Wow, that didn't take me long to write at all.  The story, on the other hand, is presented as a set of interminable interviews with various government officials, none of them pleasant or particularly distinctive from each other.  And in the end, there is no revelation.  The story is perhaps five times longer than it needs to be.  Even at its best, it's pointless.

Also, I'm getting a little tired of putative future governments with nary a woman to be found in them.  From Ann Rosenberg Hoffman to Margaret Chase Smith to Indira Gandhi, we've had many prominent female lawmakers and cabinet leaders.  It's time to feature women in our science fiction at least to the degree they are represented on 1966 Earth, and not just in extreme cases as depicted in the Reynolds this month.

One star.

Under the Dragon's Tail, by Philip Latham


by Leo Summers

Finally, "Philip Latham" (Dr.
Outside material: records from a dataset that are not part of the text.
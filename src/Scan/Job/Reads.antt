-- ===== src/Scan/Job/Reads.antt =====
-- sane_pantum_read of src/pantum.c while a page is being read.
use mathlib.Core.Path.{subst}
use pantum_open.Base.{
  ℕ, zero, suc, ◌≤◌, ◌≡◌, refl, sym, ap, ◌∙◌, Bool, true, false, not, ◌&&◌, none, some, [], length,
  ◌==◌, ==→eq, if◌then◌else◌, if-cases, Bool-cases, arith, inl, inr, ◌⊎◌,
}
use pantum_open.Scan.Status.{Status, good, eof}
use pantum_open.Scan.Usb.{Wire}
use pantum_open.Scan.Frame.{if_good-cases}
use pantum_open.Scan.Handle.{Handle}
use pantum_open.Scan.Image.{Appended}
use pantum_open.Scan.Session.{unlock_device-handle}
use pantum_open.Scan.Job.Pump.{Env, pump_frame}
use pantum_open.Scan.Job.Start.{torn_down}
use pantum_open.Scan.Job.Entry.{deliver, wants_rows, read_loop_frames, sane_read}
use pantum_open.Scan.Job.Settled.{fixed}
use pantum_open.Scan.Job.Frames.{IsEnv, pump_frame-PumpDone}
use pantum_open.Scan.Job.Wait.{IsReading, IsReading-IsReady, goes_on, torn-IsIdle, and_true}
use pantum_open.Scan.Job.Statuses.{NotEof}
use pantum_open.Scan.Job.Ends.{pump_frame-NotEof}
use pantum_open.Scan.Job.Quiet.{pump_frame-quiet, pump_frame-busy}
use pantum_open.Scan.Job.Handed.{
  ReadDone, some_status, no_row, deliver-ReadDone, nothing_yet, later,
}

true≢false : ¬ (true ≡ false)
true≢false e = cc

module _ (env : Env) (he : IsEnv env) where
  torn-ReadDone :
      (given max_length : ℕ) (st : Status) (h h' : Handle) (w : Wire)
      → ¬ (st ≡ good)
      → NotEof st
      → fixed h' ≡ fixed h
      → Appended h h'
      → let (h'', w'') = torn_down env h' w in ReadDone given max_length h (some st, [], h'', w'')
  torn-ReadDone given max_length st h h' w n m e a =
      subst (λ x. ReadDone given max_length h (some st, [], x, (torn_down env h' w).1))
        (sym (unlock_device-handle env.device _ w))
        (record {
          same = e;
          most = omega arith;
          order = record { rows = a.rows; count = a.count; full = a.full; bytes = a.bytes };
          going = λ o. absurd (not_going o);
          blocks = λ g b. absurd (n (some_status st good g));
          over = λ g. absurd (m (some_status st eof g));
          failed = λ s k l g. (refl, torn-IsIdle h');
        })
    where
      not_going : ¬ ((some st ≡ none) ⊎ (some st ≡ some good))
      not_going (inl x) = cc
      not_going (inr x) = n (some_status st good x)

  -- Where the loop stops by itself.
  stops_by_itself :
      (given max_length : ℕ) (h : Handle) (w : Wire)
      → IsReading given h
      → 1 ≤ max_length
      → (wants_rows h && h.scanning) ≡ false
      → ReadDone given max_length h
          (deliver max_length (if wants_rows h then record h { eof = true } else h) w)
  stops_by_itself given max_length h w i z e =
      if-cases (λ k. ReadDone given max_length h (deliver max_length k w)) (wants_rows h) _ _
        (λ t. absurd (elim i.running [ inl s ↦ both t s | inr f ↦ at_eof t f ]))
        (λ t. deliver-ReadDone given max_length h w i t z)
    where
      both : wants_rows h ≡ true → ¬ (h.scanning ≡ true)
      both t s = cc

      at_eof : wants_rows h ≡ true → ¬ (h.eof ≡ true)
      at_eof t f = clash h.eof (and_true (h.out.pos == length h.out.bytes) (not h.eof) t).1 f
        where
          clash : (b : Bool) → not b ≡ true → ¬ (b ≡ true)
          clash true x y = cc
          clash false x y = cc

  read_loop_frames-ReadDone :
      (frames given max_length : ℕ) (h : Handle) (w : Wire)
      → IsReading given h
      → 1 ≤ max_length
      → ReadDone given max_length h (read_loop_frames env frames max_length h w)
  unfolding read_loop_frames
  read_loop_frames-ReadDone zero given max_length h w i z =
      if-cases (ReadDone given max_length h) (wants_rows h && h.scanning) _ _
        (λ e. nothing_yet given max_length none h h w (inl refl) refl (no_row h) i)
        (λ e. stops_by_itself given max_length h w i z e)
  read_loop_frames-ReadDone (suc frames) given max_length h w i z =
      let r = pump_frame env h.non_blocking false h w in
      let d = pump_frame-PumpDone env he h.non_blocking false h w (IsReading-IsReady given h i) in
      let a : Appended h r.1 = d.goes.appended in
      if-cases (ReadDone given max_length h) (wants_rows h && h.scanning) _ _
        (λ e.
          if_good-cases (ReadDone given max_length h) r.0.status _ _
            (λ g.
              let next =
                goes_on given h r i (and_true _ _ e).1 d g
                  (pump_frame-quiet env h.non_blocking h w) in
              if-cases (ReadDone given max_length h) r.0.idle _ _
                (λ x.
                  nothing_yet given max_length (some good) h r.1 r.2 (inr (refl, polls h w x))
                    d.goes.same a next)
                (λ x.
                  later given max_length h r.1 _ d.goes.same a
                    (read_loop_frames-ReadDone frames given max_length r.1 r.2 next z)))
            (λ n.
              torn-ReadDone given max_length r.0.status h r.1 r.2 n
                (pump_frame-NotEof env h.non_blocking false h w) d.goes.same a))
        (λ e. stops_by_itself given max_length h w i z e)
    where
      polls :
          (h : Handle) (w : Wire)
          → (pump_frame env h.non_blocking false h w).0.idle ≡ true
          → h.non_blocking ≡ true
      polls h w x = elim (Bool-cases h.non_blocking) [
        | inl t ↦ t
        | inr f ↦ cc (x, ap (λ b. (pump_frame env b false h w).0.idle) f, pump_frame-busy env h w)
      ]

  -- While a page is being read of which `given` bytes have been handed out, and not cancelled, a call of
  -- sane_read for a positive length, whatever the device answers: hands out no more than was asked for,
  -- and exactly the next bytes, so that what it hands out and what stays queued are together what was
  -- queued and whole new rows, one for each row number in order; with a result of good, or while it
  -- waits, the page is still being read with that much more handed out; in blocking mode good means a
  -- byte at least; the end of the page is answered only where all of its lines have been handed out;
  -- any other failure hands out nothing and leaves no job and the device unlocked.
  pub sane_read-ReadDone :
      (frames given max_length : ℕ) (h : Handle) (w : Wire)
      → IsReading given h
      → h.cancelled ≡ false
      → 1 ≤ max_length
      → ReadDone given max_length h (sane_read env frames max_length h w)
  unfolding sane_read
  sane_read-ReadDone frames given max_length h w i c z =
      if-cases (ReadDone given max_length h) (max_length == 0) _ _
        (λ e. absurd (omega (arith, ==→eq max_length 0 e)))
        (λ e.
          if-cases (ReadDone given max_length h) h.cancelled _ _
            (λ k. absurd (true≢false (sym k ∙ c)))
            (λ k. read_loop_frames-ReadDone frames given max_length h w i z))
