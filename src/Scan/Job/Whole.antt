-- ===== src/Scan/Job/Whole.antt =====
-- A page from its start to its end: sane_pantum_start and calls of sane_pantum_read in src/pantum.c.

use pantum_open.Base.{
  ℕ, ◌+◌, ◌*◌, ◌≤◌, ◌≡◌, refl, sym, ap, ◌∙◌, false, some, length, arith, inl, inr,
}
use native.Mathlib.Nat.{mul-le-mul_right}
use pantum_open.Scan.Status.{good, eof, device_busy}
use pantum_open.Scan.Usb.{Wire}
use pantum_open.Scan.Window.{Parameters}
use pantum_open.Scan.Handle.{Handle}
use pantum_open.Scan.Job.Pump.{Env}
use pantum_open.Scan.Job.Start.{sane_start}
use pantum_open.Scan.Job.Entry.{sane_read}
use pantum_open.Scan.Job.Settled.{Fixed, fixed}
use pantum_open.Scan.Job.Frames.{IsEnv}
use pantum_open.Scan.Job.Wait.{IsReading}
use pantum_open.Scan.Job.Outcome.{IsOpen}
use pantum_open.Scan.Job.Begins.{sane_start-Started}
use pantum_open.Scan.Job.Reads.{sane_read-ReadDone}

-- Calls of sane_read one after the other, each of which has given good, and how many bytes they handed
-- out in all.
pub data ReadRun (env : Env) (h : Handle) (w : Wire) : ℕ → ℕ → Handle → Wire → Type 0 where
  unread_page : ReadRun env h w 0 0 h w
  one_more :
      (frames max_length calls n : ℕ) (h' : Handle) (w' : Wire)
      → ReadRun env h w calls n h' w'
      → 1 ≤ max_length
      → (sane_read env frames max_length h' w').0 ≡ some good
      → ReadRun env h w
          (calls + 1)
          (n + length (sane_read env frames max_length h' w').1)
          (sane_read env frames max_length h' w').2
          (sane_read env frames max_length h' w').3

-- What the calls so far have made of the page.
pub record Partway (n : ℕ) (h h' : Handle) : Type 0 where
  pub reading : IsReading n h'
  pub same : fixed h' ≡ fixed h

module _ (env : Env) (he : IsEnv env) where
  ReadRun-Partway :
      (h : Handle) (w : Wire) (calls n : ℕ) (h' : Handle) (w' : Wire)
      → IsReading 0 h
      → h.cancelled ≡ false
      → ReadRun env h w calls n h' w'
      → Partway n h h'
  ReadRun-Partway h w calls n h' w' i c unread_page = record { reading = i; same = refl }
  ReadRun-Partway h w calls n h' w' i c (one_more frames max_length k m h1 w1 s z g) =
      let p = ReadRun-Partway h w k m h1 w1 i c s in
      let d =
        sane_read-ReadDone env he frames m max_length h1 w1 p.reading
          (ap (λ (f : Fixed). f.2) p.same ∙ c) z in
      record { reading = d.going (inr g); same = d.same ∙ p.same }

  -- A start that answers good has begun a page.
  pub begun_page :
      (frames : ℕ) (h : Handle) (w : Wire)
      → IsOpen h
      → let s = sane_start env frames h w in
        s.0 ≡ some good → IsReading 0 s.1 × (s.1.cancelled ≡ false)
  begun_page frames h w i g = elim (sane_start-Started env he frames h w i) [
    | inl (b, e) ↦ absurd (not_busy (sym g ∙ ap (λ r. r.0) e))
    | inr d ↦ d.begun g
  ]
    where
      not_busy : ¬ (some good ≡ some device_busy)
      not_busy e = cc

  within_total :
      (n : ℕ) (h h' : Handle) → Partway n h h' → n ≤ h.params.lines * h.params.bytes_per_line
  within_total n h h' p =
      let e : h'.params ≡ h.params = ap (λ (f : Fixed). f.1) p.same in
      let l : h'.params.lines * h'.params.bytes_per_line
          ≡ h.params.lines * h.params.bytes_per_line =
        ap (λ (k : Parameters). k.lines * k.bytes_per_line) e in
      omega (arith, p.reading.count, l, mul-le-mul_right h'.params.bytes_per_line p.reading.within)

  blocking_calls :
      (h : Handle) (w : Wire) (calls n : ℕ) (h' : Handle) (w' : Wire)
      → IsReading 0 h
      → h.cancelled ≡ false
      → h.non_blocking ≡ false
      → ReadRun env h w calls n h' w'
      → calls ≤ n
  blocking_calls h w calls n h' w' i c b unread_page = omega arith
  blocking_calls h w calls n h' w' i c b (one_more frames max_length k m h1 w1 s z g) =
      let p = ReadRun-Partway h w k m h1 w1 i c s in
      let d =
        sane_read-ReadDone env he frames m max_length h1 w1 p.reading
          (ap (λ (f : Fixed). f.2) p.same ∙ c) z in
      omega (
        arith,
        blocking_calls h w k m h1 w1 i c b s,
        d.blocks g (ap (λ (f : Fixed). f.3) p.same ∙ b),
      )

  -- From a start of an open handle that has answered good, and after any number of reads that have: never more bytes have
  -- been handed out than the page has; and where the next read answers that the page is at its end,
  -- exactly as many as it has lines times bytes per line. The device, the memory and the lengths
  -- asked for are arbitrary.
  pub sane_read-whole_page :
      (frames : ℕ) (h : Handle) (w : Wire) (calls n : ℕ) (h' : Handle) (w' : Wire)
      (frames' max_length : ℕ)
      → IsOpen h
      → let s = sane_start env frames h w in
        s.0 ≡ some good
        → ReadRun env s.1 s.2 calls n h' w'
        → 1 ≤ max_length
        → let total = s.1.params.lines * s.1.params.bytes_per_line in
          (n ≤ total) × ((sane_read env frames' max_length h' w').0 ≡ some eof → n ≡ total)
  sane_read-whole_page frames h w calls n h' w' frames' max_length i g reads z =
      let s = sane_start env frames h w in
      let b = begun_page frames h w i g in
      let p = ReadRun-Partway s.1 s.2 calls n h' w' b.0 b.1 reads in
      let d =
        sane_read-ReadDone env he frames' n max_length h' w' p.reading
          (ap (λ (f : Fixed). f.2) p.same ∙ b.1) z in
      (
        within_total n s.1 h' p,
        λ e.
            (d.over e).1
            ∙ ap (λ (k : Parameters). k.lines * k.bytes_per_line) (ap (λ (f : Fixed). f.1) p.same),
      )

  -- Behind a start of an open handle that has answered good, every read that answers good in blocking
  -- mode hands out a byte at least, so that no more than
  -- lines times bytes per line of them can come before the end of the page or a failure.
  pub sane_read-comes_to_an_end :
      (frames : ℕ) (h : Handle) (w : Wire) (calls n : ℕ) (h' : Handle) (w' : Wire)
      → IsOpen h
      → let s = sane_start env frames h w in
        s.0 ≡ some good
        → s.1.non_blocking ≡ false
        → ReadRun env s.1 s.2 calls n h' w'
        → calls ≤ s.1.params.lines * s.1.params.bytes_per_line
  sane_read-comes_to_an_end frames h w calls n h' w' i g quiet reads =
      let s = sane_start env frames h w in
      let b = begun_page frames h w i g in
      let p = ReadRun-Partway s.1 s.2 calls n h' w' b.0 b.1 reads in
      omega
        (arith, within_total n s.1 h' p, blocking_calls s.1 s.2 calls n h' w' b.0 b.1 quiet reads)
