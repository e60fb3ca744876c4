-- ===== src/Store/Outbox.antt =====
-- The durable outbox and the delivery lifecycle of src/store.rs.
pub mod Lifecycle
use agent_mqtt_chat.Base.{
  Text, text_eq, ◌==◌, Bool, true, false, not, ◌&&◌, List, [], ◌∷◌, ◌++◌, map, Option, some, any,
  keep, if◌then◌else◌,
}
use agent_mqtt_chat.Store.Types.{
  Db, StoredMsg, Outbound, DeliveryState, untracked, pending, sent, delivered, read, failed, is_out,
}
use agent_mqtt_chat.Store.Messages.{has_id}

-- `INSERT OR IGNORE` by id
unfoldable pub enqueue_outbound : Db → Outbound → Db
enqueue_outbound db ob =
    if any (λ (o : Outbound). o.id == ob.id) db.outbox
    then db
    else record db { outbox = db.outbox ++ ob ∷ [] }

unfoldable pub pending_outbound : Db → List Outbound
pending_outbound db = db.outbox

-- `delivery_state IN ('pending','none')`
abbrev pub may_send : DeliveryState → Bool
may_send untracked = true
may_send pending = true
may_send _ = false

-- `delivery_state NOT IN ('read','failed')`
abbrev pub may_deliver : DeliveryState → Bool
may_deliver read = false
may_deliver failed = false
may_deliver _ = true

-- `delivery_state != 'failed'`
abbrev pub may_read : DeliveryState → Bool
may_read failed = false
may_read _ = true

-- `UPDATE messages … WHERE id=? AND direction='out' AND <guard of the state>`
abbrev pub update_when :
    (DeliveryState → Bool) → Text → (StoredMsg → StoredMsg) → StoredMsg → StoredMsg
update_when guard id change m =
    if has_id id m && (is_out m.direction && guard m.delivery_state) then change m else m

abbrev pub update_out : Db → (DeliveryState → Bool) → Text → (StoredMsg → StoredMsg) → Db
update_out db guard id change = record db {
  messages = map (update_when guard id change) db.messages;
}

-- The broker took the message: advance the log to `sent`, and drop it from the outbox.
unfoldable pub mark_delivered : Db → Text → Text → Db
mark_delivered db now id =
    let db' =
      update_out db may_send id
        (λ m. record m { delivery_state = sent; broker_ack_ts = some now }) in
    record db' { outbox = keep (λ (o : Outbound). not (o.id == id)) db'.outbox }

unfoldable pub apply_delivery_receipt : Db → Text → Text → Db
apply_delivery_receipt db orig_id ts =
    update_out db may_deliver orig_id
      (λ m. record m { delivery_state = delivered; delivered_ts = some ts })

unfoldable pub apply_read_receipt : Db → Text → Text → Db
apply_read_receipt db orig_id ts =
    update_out db may_read orig_id (λ m. record m { delivery_state = read; read_ts = some ts })

unfoldable pub mark_failed : Db → Text → Db
mark_failed db id = update_out db (λ _. true) id (λ m. record m { delivery_state = failed })
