-- ===== src/Store/Diagnostics.antt =====
-- The rejection log and the grant replay guard of src/store.rs.
use agent_mqtt_chat.Base.{
  ℕ, suc, ◌+◌, Text, text_eq, ◌==◌, text_ltb, ℤ, Bool, true, not, ◌&&◌, List, [], ◌∷◌, ◌++◌, Option,
  some, any, keep, length, if◌then◌else◌,
}
use mathlib.Core.List.{reverse}
use agent_mqtt_chat.Errors.{RejectReason, reject_code}
use agent_mqtt_chat.Store.Types.{Db, RejectionRow}
use agent_mqtt_chat.Store.Messages.{limit_rows, optional}

-- Record a rejection, at the time `now`.
unfoldable pub record_rejection : Db → Text → RejectReason → Option Text → Text → Text → Db
record_rejection db now reason claimed_sender topic detail =
    let seq = suc (db.last_rejection + db.gap db.last_rejection) in
    record db {
      rejections =
          db.rejections
          ++ record {
            seq = seq;
            at = now;
            reason = reject_code reason;
            claimed_sender = claimed_sender;
            topic = some topic;
            detail = detail;
          }
            ∷ [];
      last_rejection = seq;
    }

unfoldable pub rejection_count : Db → ℕ
rejection_count db = length db.rejections

-- Recent rejections, newest first, by reason code and from a time on.
unfoldable pub list_rejections : Db → ℤ → Option Text → Option Text → List RejectionRow
list_rejections db limit reason since = limit_rows limit (
    reverse (
      keep
        (λ (r : RejectionRow).
          optional reason (λ c. r.reason == c) && optional since (λ s. not (text_ltb r.at s)))
        db.rejections))

-- Record a grant id; true if it was seen before.
unfoldable pub seen_grant : Db → Text → Db × Bool
seen_grant db grant_id =
    if any (λ g. g == grant_id) db.seen_grants
    then (db, true)
    else (record db { seen_grants = db.seen_grants ++ grant_id ∷ [] }, Bool.false)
Robert S. Richardson, who writes great nonfiction), turns in a piece that's basically the day-to-day dreariness of an assistant planetarium manager.  That an asteroid is going to smack down in Griffith Park at the end is a mostly extraneous detail.

Two stars.

Looking Back

Well, that wasn't very good, was it?  Indeed, Analog sets a record of sorts: at 2.5 stars, it is the worst magazine of the month.  Slightly better, though still dismal, was Fantasy and Science Fiction (2.6).  Amazingly enough, Amazing beat out both of them with 2.9 stars.

Above the mediocrity line lie siblings Galaxy (3.1) and IF (3.2) The British mags top out the list with Impulse at 3.3 and New Worlds at a whopping 3.6!

There was exactly one story by a woman this month.  I had thought '66 would be better than '65 in this regard, but no dice.  To paraphrase Mrs. Rosenberg Hoffman, Assistant Defense Secretary under Truman, science fiction without women is an industry half-idle.  I hope things get better soon.